2.1 – The evolution of Euro NCAP
2.1.1 Euro NCAP future Roadmaps
In order to respond to the changes in technology, road accident data and to push the industry to go beyond the status quo, Euro NCAP has, at more or less regular intervals, published their vision and outlook for the future requirements they would be setting in the so called "Roadmaps". In 2015, before the ending of the period concerned by the previous document, set for 2016, the committee published the "2020 Roadmap", where the main objectives and changes for the following years were highlighted. As stated in Chapter 1, the main objective for the near future is to reduce even further the number of casualties and serious injuries on the road, and the way to reach this goal is still quite long. Several changes regarding technological innovation in terms of active safety have been set up for 2020, starting from the update of procedures for AEB, SAS and seatbelt reminders, to the inclusion of procedures for lane departure assists, speeding and impaired driving avoidance, and semi autonomous driving. However, the most substantial change to test procedures for passive safety since the introduction of the pole test has also been included. After 20 years of activity, the Offset Deformable Barrier test procedure at 64km/h will be finally retired. The test procedure will be substituted by the Mobile Offset Deformable Barrier test at 50km/h, with the aim of improving road accident representativeness and begin the very important consideration of compatibility and partner protection [22]. Furthermore, the second challenge will concern the side impact procedure, as a modification to the actual rating will enable the assessment of far side occupant protection for driver and passengers. Finally, the current Hybrid-III anthropomorphic test device will be replaced by the more recently developed THOR Advanced mid-sized male device, which enables a higher level of biofidelity and an unparalleled performance in terms of instrumentation and data acquisition technology [23].
2020 ROADMAP
EUROPEAN NEW CAR ASSESSMENT PROGRAMME March 2015
EURO NCAP 20/25 ROADMAP
1
Euro NCAP 2025 Roadmap
I N P U R S U I T O F V I S I O N Z E R O
Figure 2.3: Euro NCAP future Roadmaps
Due to the pace at which automotive manufacturers are progressing in the fields of au- tomated driving, active safety assistance and crash testing virtual simulation, Euro NCAP has already set the goals and directions for the more distant future by publishing in 2018 the "2025 Roadmap". The objective set for the future is to achieve the "vision zero", the complete elimination of road casualties. In the pursuit of this goal, the focus is set on primary and secondary safety, with increased focus on driver monitoring, autonomous aids and V2X communication systems for the former, and rear-end collision protection, pedes- trian and cyclist safety for the latter. In addition, for the first time in Euro NCAP’s history, tertiary safety is introduced: Child Presence Detection systems to solve the prob- lem of children forgotten inside vehicles will be taken into consideration, while an initial assessment at technologies to aid extraction from crashed vehicles will be carried out [24].

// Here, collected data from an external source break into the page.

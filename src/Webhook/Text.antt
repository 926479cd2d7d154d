-- ===== src/Webhook/Text.antt =====
-- The functions of Go's strings package that internal/services/webhook/dodo.go calls, on code
-- points, and its firstNonEmpty.
pub mod Trim
use orbit_api.Common.{
  ℕ, ◌+◌, ◌-◌, Bool, true, false, List, [], ◌∷◌, ◌&&◌, ◌||◌, not, ltb, ◌==◌, if◌then◌else◌,
}
use orbit_api.Common.Str.{Str, is_empty}

abbrev pub between : ℕ → ℕ → ℕ → Bool
between lo hi c = not (ltb c lo) && not (ltb hi c)

-- unicode.IsSpace
unfoldable pub is_space : ℕ → Bool
is_space c =
    between 9 13 c
    || (c == 32
        || (c == 133
            || (c == 160
                || (c == 5760
                    || (between 8192 8202 c
                        || (between 8232 8233 c || (c == 8239 || (c == 8287 || c == 12288))))))))

unfoldable pub trim_left : Str → Str
trim_left [] = []
trim_left (c ∷ cs) = let rest = trim_left cs in if is_space c then rest else c ∷ cs

unfoldable pub trim_right : Str → Str
trim_right [] = []
trim_right (c ∷ cs) =
    let rest = trim_right cs in if is_space c && is_empty rest then [] else c ∷ rest

-- strings.TrimSpace
unfoldable pub trim_space : Str → Str
trim_space s = trim_right (trim_left s)

-- The code point that unicode.ToLower gives, as far as it is an ASCII letter: those of A to Z, of
-- the dotted capital I and of the Kelvin sign. Others stand for themselves, which no comparison
-- with an ASCII word tells apart.
unfoldable pub to_lower_point : ℕ → ℕ
to_lower_point c =
    if between 65 90 c then c + 32 else if c == 304 then 105 else if c == 8490 then 107 else c

unfoldable pub to_lower : Str → Str
to_lower [] = []
to_lower (c ∷ cs) = to_lower_point c ∷ to_lower cs

unfoldable pub first_non_empty : List Str → Str
first_non_empty [] = []
first_non_empty (v ∷ vs) =
    let rest = first_non_empty vs in if is_empty (trim_space v) then rest else trim_space v

-- strings.ToUpper on ASCII letters. Others stand for themselves: a currency's code has none.
unfoldable pub to_upper : Str → Str
to_upper [] = []
to_upper (c ∷ cs) = (if between 97 122 c then c - 32 else c) ∷ to_upper cs

-- The folding of strings.EqualFold onto an ASCII letter, which the Kelvin sign and the long s share.
unfoldable pub fold_point : ℕ → ℕ
fold_point c =
    if between 65 90 c then c + 32 else if c == 8490 then 107 else if c == 383 then 115 else c

-- strings.EqualFold with a word of lower-case ASCII letters.
unfoldable pub equal_fold : Str → Str → Bool
equal_fold [] [] = true
equal_fold [] (w ∷ ws) = false
equal_fold (c ∷ cs) [] = false
equal_fold (c ∷ cs) (w ∷ ws) = fold_point c == w && equal_fold cs ws

-- strings.Contains
unfoldable pub has_prefix : Str → Str → Bool
has_prefix s [] = true
has_prefix [] (w ∷ ws) = false
has_prefix (c ∷ cs) (w ∷ ws) = c == w && has_prefix cs ws

unfoldable pub contains : Str → Str → Bool
contains [] w = is_empty w
contains (c ∷ cs) w = has_prefix (c ∷ cs) w || contains cs w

Overall, Euro NCAP has been constantly updating and looking to include new aspects in its rating, in order to maintain it pertinent, meaningful and most of all useful for road users. The future shaped by the decisions that have been made in the last few years continues on that path, with the ambitious objective of continuing to push the industry until no more fatalities occur on european roads.
2.2 From ODB to MPDB
Having briefly discussed the advancements completed in the first 20 years of Euro NCAP’s path and the ideas put in place for the short and mid term future, focus must be now placed on the matter of most interest to this report: the substitution of the outdated Offset Deformable Barrier test procedure with the newly developed Mobile Offset Deformable Barrier procedure. In order to understand to the full extent the importance of this change, the details of both tests together with their analysis is reported in the following sections.
2.2.1 The Offset Deformable Barrier test
The Offset Deformable Barrier test has been designed by the European Experimental Vehicles Committee (EEVC) in 1994 [4], with the aim of implementing an additional test to the full width rigid wall test used as european legislation at the time. Several studies regarding real world impacts highlighted the issue of high levels of injuries and mortality in frontal car-to-car crashes, which was deemed to be caused by contact between the occupant’s body and the vehicle structures due to high levels of intrusion . The discrepancy between the results in full width rigid wall tests and actual road accidents was found to be due to the different kind of loading suffered by the frontal structures of the vehicle: the decreased amount of overlap in the real scenarios had the effect of loading only one of the two sides of the vehicle, hence forcing only half of the structure to absorb all impact energy, thus forcing the cabin to deform to dissipate the residual energy; in addition, the perpendicular surface and extremely high deceleration rate experienced by the face of the front structures impacting against a rigid wall ensured that the collapse of said elements followed the desired buckling sequence, with stiffer structures absorbing most of the energy. This is very different from the real scenario, where the vehicle is impacting against a deformable object (partner vehicle), which does not ensure either a flat, stable surface to load, nor such high decelerations to the front structures. The result
2.2 – From ODB to MPDB
of this occurrence is the inability to collapse the stiffer structures that hence get pushed back in the vehicle as the weaker components fail [25]. Furthermore, in full width rigid barrier tests the engine tends to undergo very high accelerations, which equate to large energy absorption when the block impacts with a stiff firewall. In road impacts, such rigid structures do not exist and the engine cannot be loaded in the same way, and accident analysis had showed that generally a more realistic scenario involves the engine moving sideways and loading the firewall only partially.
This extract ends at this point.